** Provided information follows **
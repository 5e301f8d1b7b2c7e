-- ===== src/Frontmatter.antt =====
-- coppermind/frontmatter.py: cutting a note into its YAML block and its body. The mapping that the
-- block holds, and the writers of a note, are in the modules below.
pub mod Yaml
pub mod Write
pub mod Search
pub mod Split
pub mod Fence
pub mod Compose
pub mod Splice
pub mod Append
mod Examples
use coppermind.Base.{
  ◌≡◌, refl, ℕ, ◌+◌, ◌-◌, Bool, true, false, not, ◌&&◌, ◌||◌, Option, none, some, List, [], ◌∷◌,
  ◌++◌, length, take, drop, any, ◌==◌, if◌then◌else◌,
}
pub use coppermind.Base.Attempt.{raises, ok, ◌>>=◌, >>=-eq-ok}
use coppermind.Base.Attempt.{Attempt}
use coppermind.Base.Texts.{Text, codes, eqb, elem, rstrip, lstrip, starts_with}
use coppermind.Base.Lines.{splitlines}

abbrev pub delimiter : Text
delimiter = b'-' ∷ b'-' ∷ b'-' ∷ []

-- FrontmatterError by its category: those that this module names, and a parser's own.
pub data Category : Type 0 where
  unterminated_block not_a_mapping unsupported_line_endings unparseable : Category

abbrev pub Outcome {ℓ} : Type ℓ → Type ℓ
Outcome Value = Attempt Category Value

-- The characters of str.rstrip("\r\n").
abbrev pub is_crlf : ℕ → Bool
is_crlf c = c == 13 || c == 10

abbrev pub is_cr : ℕ → Bool
is_cr c = c == 13

-- line.rstrip("\r\n") == DELIMITER
unfoldable pub is_delimiter : Text → Bool
unfolding rstrip
is_delimiter line = eqb (rstrip is_crlf line) delimiter

pub find_from : ℕ → List Text → Option ℕ
find_from offset [] = none
find_from offset (line ∷ lines) =
    let rest = find_from (offset + length line) lines in
    if is_delimiter line then some offset else rest

unfoldable pub find_closing_delimiter : Text → Option ℕ
unfolding find_from splitlines is_delimiter
find_closing_delimiter text = find_from 0 (splitlines text)

-- text.removeprefix("\n")
abbrev pub remove_feed : Text → Text
remove_feed [] = []
remove_feed (c ∷ s) = if c == 10 then s else c ∷ s

-- text.split("\n", 1)[1] if "\n" in text else ""
unfoldable pub after_feed : Text → Text
after_feed [] = []
after_feed (c ∷ s) = if c == 10 then s else after_feed s

-- rest[:1] in {"\n", "\r"}
abbrev pub opens_line : Text → Bool
opens_line [] = false
opens_line (c ∷ s) = c == 10 || c == 13

-- What `_split` returns. `none` stands for its negative opening length: no frontmatter at all.
pub record Parts : Type 0 where
  pub block : Text
  pub body : Text
  pub opening_length : Option ℕ

-- `_split` behind its opening line, `rest` being what stands there.
unfoldable pub split_rest : Text → ℕ → Outcome Parts
unfolding find_closing_delimiter after_feed
split_rest rest opening = elim (find_closing_delimiter rest) [
  | none ↦ raises unterminated_block
  | some end ↦ ok (record {
    block = take end rest;
    body = after_feed (drop end rest);
    opening_length = some opening;
  })
]

unfoldable pub split_parts : Text → Outcome Parts
unfolding split_rest lstrip starts_with
split_parts text =
    let rest = drop (length delimiter) text in
    let inner = remove_feed (lstrip is_cr rest) in
    let plain : Parts = record { block = []; body = text; opening_length = none } in
    if not (starts_with delimiter text)
    then ok plain
    else if not (opens_line rest)
    then ok plain
    else split_rest inner (length text - length inner)

unfoldable pub split : Text → Outcome (Text × Text)
unfolding split_parts
split text = do parts ← split_parts text; ok (parts.block, parts.body)

-- text.startswith(("\n", "\r\n"))
abbrev pub starts_ending : Text → Bool
starts_ending [] = false
starts_ending (c ∷ []) = c == 10
starts_ending (c ∷ d ∷ s) = c == 10 || (c == 13 && d == 10)

-- text in ("\n", "\r\n")
abbrev pub is_ending : Text → Bool
is_ending s = eqb s (10 ∷ []) || eqb s (13 ∷ 10 ∷ [])

abbrev pub is_nonempty : Text → Bool
is_nonempty [] = false
is_nonempty (c ∷ s) = true

-- `_readable_block`: the block, the body and the two offsets at which the writers splice.
pub record Readable : Type 0 where
  pub block : Text
  pub body : Text
  pub offsets : Option (ℕ × ℕ)

pub readable_from : Text → Parts → ℕ → Option ℕ → Outcome Readable
readable_from text parts opening none = raises unterminated_block
readable_from text parts opening (some closing) =
    let after_closing = drop (opening + closing + length delimiter) text in
    if not (is_ending (drop (length delimiter) (take opening text)))
      || (is_nonempty after_closing && not (starts_ending after_closing))
    then raises unsupported_line_endings
    else ok (record { block = parts.block; body = parts.body; offsets = some (opening, closing) })

unfoldable pub readable_parts : Text → Parts → Outcome Readable
unfolding readable_from find_closing_delimiter
readable_parts text parts = elim parts.opening_length [
  | none ↦ ok (record { block = parts.block; body = parts.body; offsets = none })
  | some opening ↦ readable_from text parts opening (find_closing_delimiter (drop opening text))
]

unfoldable pub readable_block : Text → Outcome Readable
unfolding split_parts readable_parts
readable_block text = do parts ← split_parts text; readable_parts text parts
** End of Provided information **
- [Instructions to follow] Give an exact copy of the lines above from the line with "unfolding split_rest lstrip starts_with" up to and including the line with "else ok (record", and leave everything else out.

- [The answer]
unfolding split_rest lstrip starts_with
split_parts text =
    let rest = drop (length delimiter) text in
    let inner = remove_feed (lstrip is_cr rest) in
    let plain : Parts = record { block = []; body = text; opening_length = none } in
    if not (starts_with delimiter text)
    then ok plain
    else if not (opens_line rest)
    then ok plain
    else split_rest inner (length text - length inner)

unfoldable pub split : Text → Outcome (Text × Text)
unfolding split_parts
split text = do parts ← split_parts text; ok (parts.block, parts.body)

-- text.startswith(("\n", "\r\n"))
abbrev pub starts_ending : Text → Bool
starts_ending [] = false
starts_ending (c ∷ []) = c == 10
starts_ending (c ∷ d ∷ s) = c == 10 || (c == 13 && d == 10)

-- text in ("\n", "\r\n")
abbrev pub is_ending : Text → Bool
is_ending s = eqb s (10 ∷ []) || eqb s (13 ∷ 10 ∷ [])

abbrev pub is_nonempty : Text → Bool
is_nonempty [] = false
is_nonempty (c ∷ s) = true

-- `_readable_block`: the block, the body and the two offsets at which the writers splice.
pub record Readable : Type 0 where
  pub block : Text
  pub body : Text
  pub offsets : Option (ℕ × ℕ)

pub readable_from : Text → Parts → ℕ → Option ℕ → Outcome Readable
readable_from text parts opening none = raises unterminated_block
readable_from text parts opening (some closing) =
    let after_closing = drop (opening + closing + length delimiter) text in
    if not (is_ending (drop (length delimiter) (take opening text)))
      || (is_nonempty after_closing && not (starts_ending after_closing))
    then raises unsupported_line_endings
    else ok (record { block = parts.block; body = parts.body; offsets = some (opening, closing) })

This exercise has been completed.